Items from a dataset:
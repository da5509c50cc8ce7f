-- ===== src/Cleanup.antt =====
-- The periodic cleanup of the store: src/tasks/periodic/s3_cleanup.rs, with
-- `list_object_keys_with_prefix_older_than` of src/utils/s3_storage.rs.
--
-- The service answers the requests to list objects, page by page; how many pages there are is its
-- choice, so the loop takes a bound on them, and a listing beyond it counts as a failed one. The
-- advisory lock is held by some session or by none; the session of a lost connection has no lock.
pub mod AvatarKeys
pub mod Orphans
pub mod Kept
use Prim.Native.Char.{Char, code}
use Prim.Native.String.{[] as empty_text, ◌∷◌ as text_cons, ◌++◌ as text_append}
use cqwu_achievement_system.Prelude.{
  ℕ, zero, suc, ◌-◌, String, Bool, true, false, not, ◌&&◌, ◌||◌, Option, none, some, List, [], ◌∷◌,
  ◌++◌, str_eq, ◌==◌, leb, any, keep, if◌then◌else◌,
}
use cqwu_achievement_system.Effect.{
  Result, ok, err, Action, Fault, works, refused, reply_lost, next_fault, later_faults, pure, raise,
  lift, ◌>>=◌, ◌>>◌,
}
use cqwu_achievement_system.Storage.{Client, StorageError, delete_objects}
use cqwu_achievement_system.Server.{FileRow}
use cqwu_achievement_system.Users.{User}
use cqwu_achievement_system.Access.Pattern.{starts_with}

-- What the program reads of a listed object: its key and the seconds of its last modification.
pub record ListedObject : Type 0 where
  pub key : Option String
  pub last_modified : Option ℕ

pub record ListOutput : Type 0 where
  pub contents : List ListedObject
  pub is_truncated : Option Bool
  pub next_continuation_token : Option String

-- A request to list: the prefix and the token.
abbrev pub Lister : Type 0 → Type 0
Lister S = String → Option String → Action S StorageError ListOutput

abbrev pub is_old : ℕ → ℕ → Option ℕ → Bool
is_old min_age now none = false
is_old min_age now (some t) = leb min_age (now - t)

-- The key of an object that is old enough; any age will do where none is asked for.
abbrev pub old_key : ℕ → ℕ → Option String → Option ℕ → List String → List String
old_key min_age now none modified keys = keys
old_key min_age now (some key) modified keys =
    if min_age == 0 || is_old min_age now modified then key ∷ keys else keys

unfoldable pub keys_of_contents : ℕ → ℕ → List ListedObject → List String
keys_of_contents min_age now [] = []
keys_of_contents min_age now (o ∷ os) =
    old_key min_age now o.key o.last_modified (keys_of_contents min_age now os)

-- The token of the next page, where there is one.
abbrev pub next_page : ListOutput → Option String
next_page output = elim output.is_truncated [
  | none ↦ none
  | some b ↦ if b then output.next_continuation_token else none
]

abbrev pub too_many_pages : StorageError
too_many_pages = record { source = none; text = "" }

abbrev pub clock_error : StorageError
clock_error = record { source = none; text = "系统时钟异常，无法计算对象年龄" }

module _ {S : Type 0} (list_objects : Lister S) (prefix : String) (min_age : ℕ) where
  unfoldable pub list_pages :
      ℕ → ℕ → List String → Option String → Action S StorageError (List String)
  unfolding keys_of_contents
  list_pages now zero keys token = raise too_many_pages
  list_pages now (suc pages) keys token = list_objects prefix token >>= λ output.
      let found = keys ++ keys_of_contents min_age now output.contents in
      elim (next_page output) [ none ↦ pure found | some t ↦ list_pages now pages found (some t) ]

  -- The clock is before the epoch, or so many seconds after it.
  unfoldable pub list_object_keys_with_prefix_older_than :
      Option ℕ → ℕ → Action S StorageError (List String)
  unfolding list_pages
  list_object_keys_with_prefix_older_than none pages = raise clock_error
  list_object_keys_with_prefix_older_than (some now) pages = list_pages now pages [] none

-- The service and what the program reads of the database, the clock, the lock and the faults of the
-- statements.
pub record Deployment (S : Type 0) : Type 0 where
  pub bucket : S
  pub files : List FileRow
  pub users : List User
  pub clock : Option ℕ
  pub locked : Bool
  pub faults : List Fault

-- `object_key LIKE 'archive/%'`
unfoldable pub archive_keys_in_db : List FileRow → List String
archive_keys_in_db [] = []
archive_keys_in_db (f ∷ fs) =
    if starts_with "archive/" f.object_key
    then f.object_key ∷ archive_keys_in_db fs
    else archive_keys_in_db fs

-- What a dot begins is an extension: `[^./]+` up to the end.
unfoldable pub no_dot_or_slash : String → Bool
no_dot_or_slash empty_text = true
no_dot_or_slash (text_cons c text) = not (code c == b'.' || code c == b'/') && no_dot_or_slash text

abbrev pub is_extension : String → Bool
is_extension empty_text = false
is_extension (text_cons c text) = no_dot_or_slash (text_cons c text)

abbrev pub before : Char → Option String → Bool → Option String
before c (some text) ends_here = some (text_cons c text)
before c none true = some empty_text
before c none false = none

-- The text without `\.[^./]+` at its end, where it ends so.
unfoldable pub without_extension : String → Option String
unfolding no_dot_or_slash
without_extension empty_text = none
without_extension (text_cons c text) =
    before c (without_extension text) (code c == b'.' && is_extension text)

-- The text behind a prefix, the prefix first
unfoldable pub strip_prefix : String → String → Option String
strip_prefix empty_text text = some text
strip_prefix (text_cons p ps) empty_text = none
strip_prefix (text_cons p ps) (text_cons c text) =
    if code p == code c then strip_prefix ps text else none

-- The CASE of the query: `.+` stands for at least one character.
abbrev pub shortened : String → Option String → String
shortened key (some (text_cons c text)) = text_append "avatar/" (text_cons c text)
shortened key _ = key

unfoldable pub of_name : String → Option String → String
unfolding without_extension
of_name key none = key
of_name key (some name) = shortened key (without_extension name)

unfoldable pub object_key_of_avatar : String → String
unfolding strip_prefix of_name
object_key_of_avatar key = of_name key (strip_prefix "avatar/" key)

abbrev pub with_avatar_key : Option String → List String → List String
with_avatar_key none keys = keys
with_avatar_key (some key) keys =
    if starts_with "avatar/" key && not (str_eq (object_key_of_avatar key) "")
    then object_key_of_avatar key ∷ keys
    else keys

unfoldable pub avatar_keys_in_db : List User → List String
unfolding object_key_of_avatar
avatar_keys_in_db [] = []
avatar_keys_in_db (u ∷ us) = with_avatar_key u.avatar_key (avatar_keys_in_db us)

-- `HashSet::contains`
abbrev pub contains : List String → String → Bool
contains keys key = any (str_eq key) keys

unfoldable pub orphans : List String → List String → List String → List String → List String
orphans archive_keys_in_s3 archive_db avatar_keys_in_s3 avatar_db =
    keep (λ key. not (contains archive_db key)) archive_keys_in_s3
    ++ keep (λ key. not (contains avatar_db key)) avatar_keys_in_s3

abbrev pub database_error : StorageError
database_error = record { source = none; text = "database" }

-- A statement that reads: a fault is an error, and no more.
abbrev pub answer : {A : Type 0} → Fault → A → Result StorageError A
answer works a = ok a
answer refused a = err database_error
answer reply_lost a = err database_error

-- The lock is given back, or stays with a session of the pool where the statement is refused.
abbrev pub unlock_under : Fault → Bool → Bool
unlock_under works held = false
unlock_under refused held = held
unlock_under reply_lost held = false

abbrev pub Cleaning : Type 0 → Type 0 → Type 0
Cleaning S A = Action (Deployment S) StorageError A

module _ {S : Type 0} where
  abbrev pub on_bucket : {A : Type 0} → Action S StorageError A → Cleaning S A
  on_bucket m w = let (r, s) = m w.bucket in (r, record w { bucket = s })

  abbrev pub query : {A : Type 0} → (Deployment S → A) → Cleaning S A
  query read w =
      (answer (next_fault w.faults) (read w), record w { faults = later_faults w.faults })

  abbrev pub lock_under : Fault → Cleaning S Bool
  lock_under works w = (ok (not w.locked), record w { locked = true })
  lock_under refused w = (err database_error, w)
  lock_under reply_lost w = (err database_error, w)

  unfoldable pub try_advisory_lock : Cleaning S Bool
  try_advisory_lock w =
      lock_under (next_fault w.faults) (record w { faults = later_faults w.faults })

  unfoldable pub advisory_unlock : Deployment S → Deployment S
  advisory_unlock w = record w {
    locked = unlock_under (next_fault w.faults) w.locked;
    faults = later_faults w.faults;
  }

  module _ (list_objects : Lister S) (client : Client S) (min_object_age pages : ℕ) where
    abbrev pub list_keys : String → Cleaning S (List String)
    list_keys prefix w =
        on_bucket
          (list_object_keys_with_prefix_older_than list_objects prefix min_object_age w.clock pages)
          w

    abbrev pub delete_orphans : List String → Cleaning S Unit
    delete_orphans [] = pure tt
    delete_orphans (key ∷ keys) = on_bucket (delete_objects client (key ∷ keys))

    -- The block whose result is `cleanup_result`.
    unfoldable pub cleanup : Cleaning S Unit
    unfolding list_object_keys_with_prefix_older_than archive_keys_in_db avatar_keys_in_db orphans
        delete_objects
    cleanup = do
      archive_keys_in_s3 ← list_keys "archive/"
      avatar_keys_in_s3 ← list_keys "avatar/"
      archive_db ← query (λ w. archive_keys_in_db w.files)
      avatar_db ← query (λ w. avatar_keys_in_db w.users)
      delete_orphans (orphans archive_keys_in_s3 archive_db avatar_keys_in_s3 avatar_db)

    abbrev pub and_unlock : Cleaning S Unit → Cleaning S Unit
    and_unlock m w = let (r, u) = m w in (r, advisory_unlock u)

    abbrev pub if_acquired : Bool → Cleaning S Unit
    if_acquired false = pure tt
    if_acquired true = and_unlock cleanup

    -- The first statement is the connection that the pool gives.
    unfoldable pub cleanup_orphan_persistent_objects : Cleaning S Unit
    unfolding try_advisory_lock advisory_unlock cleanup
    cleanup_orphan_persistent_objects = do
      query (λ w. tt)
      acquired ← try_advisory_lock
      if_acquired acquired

### Requirement:
When you reach the line with "unfoldable pub without_extension" in the records above, start writing out lines exactly, and stop once the line with "-- The text behind a prefix, the prefix first" has been written; include nothing else.

### The completed task:
unfoldable pub without_extension : String → Option String
unfolding no_dot_or_slash
without_extension empty_text = none
without_extension (text_cons c text) =
    before c (without_extension text) (code c == b'.' && is_extension text)

-- The text behind a prefix, the prefix first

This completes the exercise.